YOUR OBJECTIVE:
With the string "Text" as the filter, copy each matching line from the records.

Saved entries

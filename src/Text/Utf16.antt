-- ===== src/Text/Utf16.antt =====
-- UTF-16: `utf16_decode` undoes `utf16_encode` on Unicode scalar values.
use smpp_smsc.Base.{
  ℕ, ◌+◌, ◌-◌, ◌/◌, ◌%◌, ◌≤◌, ◌<◌, ◌≡◌, refl, ap, ◌∙◌, List, [], ◌∷◌, ◌++◌, All, arith, ◌⊎◌, inl,
  inr,
}
use smpp_smsc.Text.{utf16_rune, utf16_unit, utf16_from, utf16_encode, utf16_decode}
use smpp_smsc.Text.RoundTrip.{IsScalar}
use native.Mathlib.Decide.{dec_lt}

write_unit : (r : ℕ) → IsScalar r → r < 0x10000 → utf16_rune r ≡ r ∷ []
unfolding utf16_rune
write_unit r v h = ground arith

write_pair :
    (r : ℕ)
    → IsScalar r
    → 0x10000 ≤ r
    → utf16_rune r ≡ (0xd800 + (r - 0x10000) / 1024) ∷ (0xdc00 + (r - 0x10000) % 1024) ∷ []
unfolding utf16_rune
write_pair r v h = ground arith

read_unit : (r : ℕ) (us : List ℕ) → IsScalar r → r < 0x10000 → utf16_unit r us ≡ (r, 1)
unfolding utf16_unit
read_unit r [] v h = ground arith
read_unit r (u ∷ us) v h = ground arith

read_pair :
    (r : ℕ) (us : List ℕ)
    → IsScalar r
    → 0x10000 ≤ r
    → utf16_unit (0xd800 + (r - 0x10000) / 1024) ((0xdc00 + (r - 0x10000) % 1024) ∷ us) ≡ (r, 2)
unfolding utf16_unit
read_pair r us v h = ground arith

utf16_from-utf16_rune :
    (r : ℕ) (us : List ℕ) → IsScalar r → utf16_from 0 (utf16_rune r ++ us) ≡ r ∷ utf16_from 0 us
unfolding utf16_from
utf16_from-utf16_rune r us v = elim (dec_lt r 0x10000) [
  | yes h ↦ rw (write_unit r v h) (rw (read_unit r us v h))
  | no h ↦ rw (write_pair r v (omega arith)) (rw (read_pair r us v (omega arith)))
]

pub utf16_decode-utf16_encode :
    (rs : List ℕ) → All IsScalar rs → utf16_decode (utf16_encode rs) ≡ rs
unfolding utf16_decode utf16_encode
utf16_decode-utf16_encode [] h = refl
utf16_decode-utf16_encode (r ∷ rs) h =
    utf16_from-utf16_rune r (utf16_encode rs) h.0 ∙ ap (◌∷◌ r) (utf16_decode-utf16_encode rs h.1)

-- A rune of the basic plane is its own unit, and any other begins with a unit above it.
pub utf16_encode_bmp :
    (r : ℕ) (rs : List ℕ) → IsScalar r → r < 0x10000 → utf16_encode (r ∷ rs) ≡ r ∷ utf16_encode rs
unfolding utf16_encode
utf16_encode_bmp r rs v h = rw (write_unit r v h)

pub utf16_encode_head :
    (r : ℕ) (rs : List ℕ)
    → IsScalar r
    → (u : ℕ) × (us : List ℕ) × (utf16_encode (r ∷ rs) ≡ u ∷ us) × ((u ≡ r) ⊎ (0xd800 ≤ u))
unfolding utf16_encode
utf16_encode_head r rs v = elim (dec_lt r 0x10000) [
  | yes h ↦ (r, utf16_encode rs, rw (write_unit r v h), inl refl)
  | no h ↦ (
    0xd800 + (r - 0x10000) / 1024,
    (0xdc00 + (r - 0x10000) % 1024) ∷ utf16_encode rs,
    rw (write_pair r v (omega arith)),
    inr (omega arith),
  )
]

SOLUTION TO THIS EXERCISE:
filename src/Text/Utf16.antt
-- ===== src/Text/Utf16.antt =====
use smpp_smsc.Text.{utf16_rune, utf16_unit, utf16_from, utf16_encode, utf16_decode}
use smpp_smsc.Text.RoundTrip.{IsScalar}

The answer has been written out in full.